SUNUNU SOURCE ABUSE. How did Washington Post reporter Ann Devroy unravel White House Chief of Staff John Sununu? With lots of anonymous sources. Even Washington's City Paper, a free alternative weekly, ridiculed Devroy's reporting. Its editor, Jack Shafer, pointed out that a November 17 story contained 24 anonymous sources, but only two sources on the record.

Devroy also wrote front-page Sununu stories on November 30 and December 3, the day Sununu resigned. In these two stories, unnamed sources outnumbered on-the-record sources by 19 to 5. Shafer took the Post to task: "They have a lot of explaining to do.... Just because the stories arrive at the truth, that Sununu was about to resign, is no excuse for using so many blind sources. The skeptical reader begins to ask: is this journalist carrying out a hidden agenda?"
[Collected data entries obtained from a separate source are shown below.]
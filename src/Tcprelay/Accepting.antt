-- ===== src/Tcprelay/Accepting.antt =====
-- What becomes of events and of accepted connections.
use Prim.Native.Nat.{bit_and}
use shadowc.Base.{
  ℕ, Option, true, some, List, [], ◌∷◌, ◌++◌, ◌≡◌, refl, ◌∙◌, ap, ◌==◌, find, length, suc, ◌+◌,
  if◌then◌else◌, arith,
}
use shadowc.Base.Int.{ℤ, failed, int_eq, int_key}
use shadowc.Eventloop.{EpollEvent, epollerr}
use shadowc.Tcprelay.{
  Relay, Effect, accepts, logs, hands, Message, accepting_error, accepting, accepted_connection,
  Answers, Attempt, Setup, started, create, handle_event,
}
use shadowc.Tcprelay.Listening.{create-started}

module _ {ℓ} {H : Type ℓ} where
  -- The relay over a history of events, each with what the system answers.
  unfoldable pub run : List (EpollEvent × Answers) → Relay H → Relay H × List (Effect H)
  run [] r = (r, [])
  run ((evt, a) ∷ es) r =
      let (r', first) = handle_event r evt a in let (r'', more) = run es r' in (r'', first ++ more)

  -- The descriptors accepted.
  abbrev pub accepted : List (Effect H) → List ℤ
  accepted [] = []
  accepted (accepts fd ∷ es) = fd ∷ accepted es
  accepted (logs m ∷ es) = accepted es
  accepted (hands h evt ∷ es) = accepted es

  -- How often an error of an accept is logged.
  abbrev pub errors_logged : List (Effect H) → ℕ
  errors_logged [] = 0
  errors_logged (logs accepting_error ∷ es) = suc (errors_logged es)
  errors_logged (logs _ ∷ es) = errors_logged es
  errors_logged (accepts fd ∷ es) = errors_logged es
  errors_logged (hands h evt ∷ es) = errors_logged es

  -- The events handed to a handler.
  abbrev pub handed : List (Effect H) → List EpollEvent
  handed [] = []
  handed (hands h evt ∷ es) = evt ∷ handed es
  handed (accepts fd ∷ es) = handed es
  handed (logs m ∷ es) = handed es

  -- What one event does to a relay with no handlers.
  pub handle_event-nil :
      (r : Relay H) (evt : EpollEvent) (a : Answers)
      → r.fd_to_handlers ≡ []
      → let (r', effects) = handle_event r evt a in
        (r' ≡ r) × (handed effects ≡ []) × (errors_logged effects ≡ length (accepted effects))
  unfolding handle_event find
  handle_event-nil r evt a e = ground arith

  -- An event of the server socket without EPOLLERR accepts the connection that the system has, if
  -- any, and an accepting error is logged exactly if there is one.
  pub handle_event_accepting :
      (r : Relay H) (evt : EpollEvent) (a : Answers)
      → int_eq evt.fd r.server_socket ≡ true
      → (bit_and evt.events epollerr == 0) ≡ true
      → let (r', effects) = handle_event r evt a in
        (accepted effects ≡ (if int_eq a.conn failed then [] else a.conn ∷ []))
        × (errors_logged effects ≡ (if int_eq a.conn failed then 0 else 1))
  unfolding handle_event
  handle_event_accepting r evt a ours fine = ground arith

  handed-append : (es fs : List (Effect H)) → handed (es ++ fs) ≡ handed es ++ handed fs
  handed-append [] fs = refl
  handed-append (hands h evt ∷ es) fs = ap (◌∷◌ evt) (handed-append es fs)
  handed-append (accepts fd ∷ es) fs = handed-append es fs
  handed-append (logs m ∷ es) fs = handed-append es fs

  balance-append :
      (es fs : List (Effect H))
      → errors_logged es ≡ length (accepted es)
      → errors_logged fs ≡ length (accepted fs)
      → errors_logged (es ++ fs) ≡ length (accepted (es ++ fs))
  balance-append es fs h k = omega (arith, errors-append es fs, accepted-append es fs)
    where
      errors-append :
          (es fs : List (Effect H)) → errors_logged (es ++ fs) ≡ errors_logged es + errors_logged fs
      errors-append [] fs = omega arith
      errors-append (hands h evt ∷ es) fs = errors-append es fs
      errors-append (accepts fd ∷ es) fs = errors-append es fs
      errors-append (logs accepting_error ∷ es) fs = omega (arith, errors-append es fs)
      errors-append (logs Message.epoll_error ∷ es) fs = errors-append es fs
      errors-append (logs accepting ∷ es) fs = errors-append es fs
      errors-append (logs (accepted_connection c) ∷ es) fs = errors-append es fs

      accepted-append :
          (es fs : List (Effect H))
          → length (accepted (es ++ fs)) ≡ length (accepted es) + length (accepted fs)
      accepted-append [] fs = omega arith
      accepted-append (hands h evt ∷ es) fs = accepted-append es fs
      accepted-append (accepts fd ∷ es) fs = omega (arith, accepted-append es fs)
      accepted-append (logs m ∷ es) fs = accepted-append es fs

  run-nil :
      (es : List (EpollEvent × Answers)) (r : Relay H)
      → r.fd_to_handlers ≡ []
      → let (r', effects) = run es r in
        (r' ≡ r) × (handed effects ≡ []) × (errors_logged effects ≡ length (accepted effects))
  unfolding run
  run-nil [] r e = (refl, refl, refl)
  run-nil ((evt, a) ∷ es) r e =
      let first = (handle_event r evt a).1 in
      let (same, unhanded, balanced) = handle_event-nil r evt a e in
      let (same', unhanded', balanced') = run-nil es r e in
      rw same (
        same',
        handed-append first (run es r).1 ∙ rw (unhanded) unhanded',
        balance-append first (run es r).1 balanced balanced',
      )

  -- A relay that has started stays as it is over any events, and never hands one to a handler: it
  -- registers none for the connections that it accepts. It logs as many accepting errors as it
  -- accepts connections.
  pub run-create :
      (dns_resolver : ℕ) (attempts : List Attempt) (fcntl : ℤ → Option ℕ × Option ℕ)
      (listen : ℤ → ℤ) (r : Relay H) (done : List Setup) (es : List (EpollEvent × Answers))
      → create dns_resolver (some attempts) fcntl listen ≡ started r done
      → let (r', effects) = run es r in
        (r' ≡ r) × (handed effects ≡ []) × (errors_logged effects ≡ length (accepted effects))
  run-create dns_resolver attempts fcntl listen r done es e =
      run-nil es r (create-started dns_resolver attempts fcntl listen r done e).2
KOPPEL CALLS BACK. Ted Koppel, reacting to a story in last month's MediaWatch, did call Publisher L. Brent Bozell this month to discuss Nightline's investigation of the Anita Hill leaking controversy. During an October Nightline Bozell asked Koppel if he would devote as much time to the Hill investigation as he did to the "October Surprise" investigation. Koppel assured Bozell that Nightline was following the story, but could not do a program until he had gathered enough information to justify a report.

In the meantime, none of the networks' evening news broadcasts has followed up on the story as the Senate leak investigation flounders. In addition, the evening news broadcasts have aired 27 news stories on the "October Surprise" theory -- that the Reagan campaign delayed release of the Iranian hostages to win the 1980 election -- but none have followed up since the theory was unraveled in two magazine exposés published in November. None. Koppel did not retract his earlier reporting on the theory, but did devote the November 12 Nightline to the new revelations and interviewed one of the exposé writers, CNN's Steven Emerson, along with "October Surprise" theorist Gary Sick.